Task goal — The material below holds a span beginning at the line with "duplicate_guard taken (field" and ending at the line with "guarded (arr vs)". Quote that span exactly, both ends included, and only that span.

Input for this task below:

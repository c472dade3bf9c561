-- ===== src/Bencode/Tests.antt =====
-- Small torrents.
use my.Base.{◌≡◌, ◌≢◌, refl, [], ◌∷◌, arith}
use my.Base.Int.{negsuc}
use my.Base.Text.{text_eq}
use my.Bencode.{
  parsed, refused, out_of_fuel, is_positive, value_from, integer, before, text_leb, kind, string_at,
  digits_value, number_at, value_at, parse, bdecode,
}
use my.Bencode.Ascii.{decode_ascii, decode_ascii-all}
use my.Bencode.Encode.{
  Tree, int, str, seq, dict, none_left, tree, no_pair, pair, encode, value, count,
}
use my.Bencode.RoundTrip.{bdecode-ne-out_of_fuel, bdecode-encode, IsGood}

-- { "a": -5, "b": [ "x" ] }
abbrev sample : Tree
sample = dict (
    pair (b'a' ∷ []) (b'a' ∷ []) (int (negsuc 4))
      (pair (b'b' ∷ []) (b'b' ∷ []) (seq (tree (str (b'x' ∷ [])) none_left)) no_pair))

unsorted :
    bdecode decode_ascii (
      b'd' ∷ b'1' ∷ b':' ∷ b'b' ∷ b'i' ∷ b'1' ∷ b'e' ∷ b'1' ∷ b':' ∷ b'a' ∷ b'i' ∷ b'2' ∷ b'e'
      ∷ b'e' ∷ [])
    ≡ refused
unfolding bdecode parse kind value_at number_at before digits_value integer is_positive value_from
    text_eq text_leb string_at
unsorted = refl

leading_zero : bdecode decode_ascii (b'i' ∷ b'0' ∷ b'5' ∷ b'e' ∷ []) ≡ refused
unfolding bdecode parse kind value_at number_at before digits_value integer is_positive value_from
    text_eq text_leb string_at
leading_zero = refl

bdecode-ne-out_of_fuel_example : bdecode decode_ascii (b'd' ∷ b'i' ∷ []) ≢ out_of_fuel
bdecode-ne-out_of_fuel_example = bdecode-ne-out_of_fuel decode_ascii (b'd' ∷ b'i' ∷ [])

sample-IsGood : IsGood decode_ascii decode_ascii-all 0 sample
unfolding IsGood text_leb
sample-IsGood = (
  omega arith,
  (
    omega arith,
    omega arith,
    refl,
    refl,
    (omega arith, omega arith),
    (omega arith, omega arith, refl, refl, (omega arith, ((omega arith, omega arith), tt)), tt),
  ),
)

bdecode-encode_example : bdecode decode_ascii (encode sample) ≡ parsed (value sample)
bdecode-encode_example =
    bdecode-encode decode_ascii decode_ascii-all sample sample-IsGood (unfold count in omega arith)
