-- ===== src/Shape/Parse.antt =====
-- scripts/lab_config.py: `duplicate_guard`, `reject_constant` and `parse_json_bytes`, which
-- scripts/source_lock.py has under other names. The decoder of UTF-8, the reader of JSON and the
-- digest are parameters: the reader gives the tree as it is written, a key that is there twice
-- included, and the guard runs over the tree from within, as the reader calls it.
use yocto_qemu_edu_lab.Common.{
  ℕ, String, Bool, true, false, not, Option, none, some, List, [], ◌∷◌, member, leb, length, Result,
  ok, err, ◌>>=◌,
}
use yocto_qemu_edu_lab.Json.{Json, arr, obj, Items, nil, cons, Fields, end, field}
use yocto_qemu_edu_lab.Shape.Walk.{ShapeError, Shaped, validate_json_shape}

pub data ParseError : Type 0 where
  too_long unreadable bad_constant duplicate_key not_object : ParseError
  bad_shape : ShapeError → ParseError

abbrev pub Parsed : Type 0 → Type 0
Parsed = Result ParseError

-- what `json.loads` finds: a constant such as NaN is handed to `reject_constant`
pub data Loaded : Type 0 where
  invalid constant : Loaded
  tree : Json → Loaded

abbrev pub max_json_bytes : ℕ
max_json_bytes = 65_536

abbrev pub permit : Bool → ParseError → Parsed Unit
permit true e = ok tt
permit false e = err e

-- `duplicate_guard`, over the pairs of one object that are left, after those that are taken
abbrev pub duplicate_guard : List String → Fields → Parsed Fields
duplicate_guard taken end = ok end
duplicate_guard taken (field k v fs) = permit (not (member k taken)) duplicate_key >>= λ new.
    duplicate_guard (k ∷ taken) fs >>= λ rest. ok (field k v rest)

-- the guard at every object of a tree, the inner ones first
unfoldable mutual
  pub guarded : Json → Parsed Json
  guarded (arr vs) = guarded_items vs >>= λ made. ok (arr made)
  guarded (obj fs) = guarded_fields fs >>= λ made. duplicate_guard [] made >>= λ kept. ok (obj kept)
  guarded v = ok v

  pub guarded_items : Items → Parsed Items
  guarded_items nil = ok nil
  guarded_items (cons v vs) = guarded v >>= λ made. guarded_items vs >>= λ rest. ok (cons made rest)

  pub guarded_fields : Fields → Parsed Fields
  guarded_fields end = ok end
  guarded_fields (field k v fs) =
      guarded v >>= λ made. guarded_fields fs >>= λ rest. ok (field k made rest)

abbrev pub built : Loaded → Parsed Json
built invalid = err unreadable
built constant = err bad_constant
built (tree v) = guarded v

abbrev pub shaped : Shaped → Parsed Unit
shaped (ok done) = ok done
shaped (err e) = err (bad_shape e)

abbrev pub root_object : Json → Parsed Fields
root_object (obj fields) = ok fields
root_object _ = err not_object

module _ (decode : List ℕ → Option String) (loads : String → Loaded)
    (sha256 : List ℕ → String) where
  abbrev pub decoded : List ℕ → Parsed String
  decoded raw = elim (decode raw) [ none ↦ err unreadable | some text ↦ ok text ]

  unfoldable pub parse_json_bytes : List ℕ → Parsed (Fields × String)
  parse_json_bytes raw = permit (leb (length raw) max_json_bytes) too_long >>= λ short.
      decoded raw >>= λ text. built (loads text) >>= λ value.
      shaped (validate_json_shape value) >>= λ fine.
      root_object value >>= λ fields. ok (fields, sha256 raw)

End of Input for this task.
Input for this task below:

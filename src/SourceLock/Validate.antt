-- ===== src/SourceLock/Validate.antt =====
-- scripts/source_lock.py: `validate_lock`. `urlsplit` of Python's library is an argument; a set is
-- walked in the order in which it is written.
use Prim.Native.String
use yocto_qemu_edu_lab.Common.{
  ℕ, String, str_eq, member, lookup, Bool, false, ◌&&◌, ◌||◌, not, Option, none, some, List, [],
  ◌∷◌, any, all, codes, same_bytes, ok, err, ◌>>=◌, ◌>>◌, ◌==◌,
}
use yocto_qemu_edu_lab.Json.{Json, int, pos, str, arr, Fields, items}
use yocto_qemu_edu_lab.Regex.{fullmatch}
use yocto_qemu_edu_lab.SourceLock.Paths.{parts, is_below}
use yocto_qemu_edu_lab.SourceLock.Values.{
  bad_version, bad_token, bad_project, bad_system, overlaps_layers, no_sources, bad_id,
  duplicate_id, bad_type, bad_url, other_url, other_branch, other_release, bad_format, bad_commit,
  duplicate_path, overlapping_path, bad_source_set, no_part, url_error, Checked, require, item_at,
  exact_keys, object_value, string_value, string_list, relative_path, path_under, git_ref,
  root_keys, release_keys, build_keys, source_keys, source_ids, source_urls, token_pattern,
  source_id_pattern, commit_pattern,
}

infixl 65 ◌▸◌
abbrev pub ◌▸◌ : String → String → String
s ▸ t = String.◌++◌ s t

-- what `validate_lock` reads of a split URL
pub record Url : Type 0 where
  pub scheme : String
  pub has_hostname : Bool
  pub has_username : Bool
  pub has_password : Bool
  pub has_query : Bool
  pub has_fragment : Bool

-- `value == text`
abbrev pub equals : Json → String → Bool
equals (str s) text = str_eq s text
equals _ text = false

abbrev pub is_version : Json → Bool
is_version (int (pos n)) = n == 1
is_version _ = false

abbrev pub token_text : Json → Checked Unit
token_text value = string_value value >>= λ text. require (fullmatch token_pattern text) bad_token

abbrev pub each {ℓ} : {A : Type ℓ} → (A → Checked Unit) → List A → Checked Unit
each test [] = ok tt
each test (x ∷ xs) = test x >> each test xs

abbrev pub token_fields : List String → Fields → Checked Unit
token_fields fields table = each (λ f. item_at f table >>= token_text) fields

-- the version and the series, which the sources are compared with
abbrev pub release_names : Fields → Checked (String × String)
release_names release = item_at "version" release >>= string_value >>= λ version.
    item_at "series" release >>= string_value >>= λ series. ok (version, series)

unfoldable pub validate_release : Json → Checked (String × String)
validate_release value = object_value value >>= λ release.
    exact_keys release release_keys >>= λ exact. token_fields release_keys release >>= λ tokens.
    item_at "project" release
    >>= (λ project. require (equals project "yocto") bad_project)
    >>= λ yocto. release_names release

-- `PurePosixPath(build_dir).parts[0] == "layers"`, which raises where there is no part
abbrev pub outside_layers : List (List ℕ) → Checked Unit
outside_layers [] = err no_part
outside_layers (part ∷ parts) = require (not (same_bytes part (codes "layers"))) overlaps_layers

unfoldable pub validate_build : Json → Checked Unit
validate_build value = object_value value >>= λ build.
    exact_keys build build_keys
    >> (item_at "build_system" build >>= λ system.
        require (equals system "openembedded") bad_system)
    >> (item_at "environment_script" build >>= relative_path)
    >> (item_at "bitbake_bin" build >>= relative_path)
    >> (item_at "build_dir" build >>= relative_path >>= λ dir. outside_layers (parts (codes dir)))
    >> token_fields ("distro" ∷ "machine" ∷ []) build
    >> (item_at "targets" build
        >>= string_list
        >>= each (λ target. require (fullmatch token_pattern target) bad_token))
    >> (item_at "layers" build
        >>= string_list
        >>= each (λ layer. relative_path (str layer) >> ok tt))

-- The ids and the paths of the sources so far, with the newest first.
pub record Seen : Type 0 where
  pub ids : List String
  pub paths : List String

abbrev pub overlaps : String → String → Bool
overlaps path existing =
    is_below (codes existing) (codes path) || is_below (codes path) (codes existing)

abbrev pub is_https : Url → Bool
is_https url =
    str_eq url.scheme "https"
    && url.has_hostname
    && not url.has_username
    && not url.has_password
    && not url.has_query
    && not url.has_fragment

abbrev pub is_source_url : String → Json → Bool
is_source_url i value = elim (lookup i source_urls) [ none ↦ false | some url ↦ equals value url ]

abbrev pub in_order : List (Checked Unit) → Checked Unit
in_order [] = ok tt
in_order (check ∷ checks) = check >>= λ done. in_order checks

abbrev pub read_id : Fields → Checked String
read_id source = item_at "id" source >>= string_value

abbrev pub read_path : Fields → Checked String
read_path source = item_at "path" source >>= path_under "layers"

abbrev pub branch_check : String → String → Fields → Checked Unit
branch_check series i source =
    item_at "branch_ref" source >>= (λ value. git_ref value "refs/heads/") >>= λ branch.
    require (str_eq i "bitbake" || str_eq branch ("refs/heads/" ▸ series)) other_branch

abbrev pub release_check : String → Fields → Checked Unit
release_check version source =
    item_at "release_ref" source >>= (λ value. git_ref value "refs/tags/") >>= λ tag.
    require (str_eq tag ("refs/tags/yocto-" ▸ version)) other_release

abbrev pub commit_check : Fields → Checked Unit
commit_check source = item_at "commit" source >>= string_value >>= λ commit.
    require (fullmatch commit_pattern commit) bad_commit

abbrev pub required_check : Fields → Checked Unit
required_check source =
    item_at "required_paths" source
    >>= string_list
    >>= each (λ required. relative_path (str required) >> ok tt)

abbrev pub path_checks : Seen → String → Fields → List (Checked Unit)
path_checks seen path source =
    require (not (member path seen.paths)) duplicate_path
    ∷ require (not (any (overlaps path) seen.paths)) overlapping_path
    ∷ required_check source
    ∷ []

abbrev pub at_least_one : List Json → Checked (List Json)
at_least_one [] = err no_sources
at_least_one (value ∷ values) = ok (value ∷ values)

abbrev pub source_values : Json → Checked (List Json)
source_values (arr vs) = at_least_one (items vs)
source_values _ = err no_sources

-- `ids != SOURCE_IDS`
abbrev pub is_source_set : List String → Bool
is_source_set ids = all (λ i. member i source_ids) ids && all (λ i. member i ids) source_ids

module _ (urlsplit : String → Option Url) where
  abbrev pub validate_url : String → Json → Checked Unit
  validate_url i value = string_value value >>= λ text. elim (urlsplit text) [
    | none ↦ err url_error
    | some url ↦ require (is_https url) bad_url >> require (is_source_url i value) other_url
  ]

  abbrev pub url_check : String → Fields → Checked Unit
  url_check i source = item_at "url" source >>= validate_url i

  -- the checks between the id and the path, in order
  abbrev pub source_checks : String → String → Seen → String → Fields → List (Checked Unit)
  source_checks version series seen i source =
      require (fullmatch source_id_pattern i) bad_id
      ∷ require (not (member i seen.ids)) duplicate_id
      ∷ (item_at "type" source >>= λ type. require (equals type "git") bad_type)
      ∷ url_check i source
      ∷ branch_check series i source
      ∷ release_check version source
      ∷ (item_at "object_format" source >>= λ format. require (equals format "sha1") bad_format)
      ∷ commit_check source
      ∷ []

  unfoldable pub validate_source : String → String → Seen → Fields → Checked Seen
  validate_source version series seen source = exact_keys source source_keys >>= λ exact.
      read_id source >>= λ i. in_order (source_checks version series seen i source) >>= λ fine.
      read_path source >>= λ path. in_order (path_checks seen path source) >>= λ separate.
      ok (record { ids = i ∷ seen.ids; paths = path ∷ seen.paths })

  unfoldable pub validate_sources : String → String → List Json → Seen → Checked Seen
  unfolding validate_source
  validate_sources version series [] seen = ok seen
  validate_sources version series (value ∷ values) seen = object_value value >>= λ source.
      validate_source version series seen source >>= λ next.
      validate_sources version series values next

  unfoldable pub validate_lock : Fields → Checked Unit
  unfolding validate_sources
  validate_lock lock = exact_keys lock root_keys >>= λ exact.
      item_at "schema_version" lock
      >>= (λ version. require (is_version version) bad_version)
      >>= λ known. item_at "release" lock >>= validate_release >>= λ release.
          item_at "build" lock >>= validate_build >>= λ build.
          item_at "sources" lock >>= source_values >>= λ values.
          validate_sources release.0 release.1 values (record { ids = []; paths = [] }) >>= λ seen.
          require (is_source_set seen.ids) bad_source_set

End of Input for this task.

Result of the exercise —
duplicate_guard taken (field k v fs) = permit (not (member k taken)) duplicate_key >>= λ new.
    duplicate_guard (k ∷ taken) fs >>= λ rest. ok (field k v rest)

-- the guard at every object of a tree, the inner ones first
unfoldable mutual
  pub guarded : Json → Parsed Json
  guarded (arr vs) = guarded_items vs >>= λ made. ok (arr made)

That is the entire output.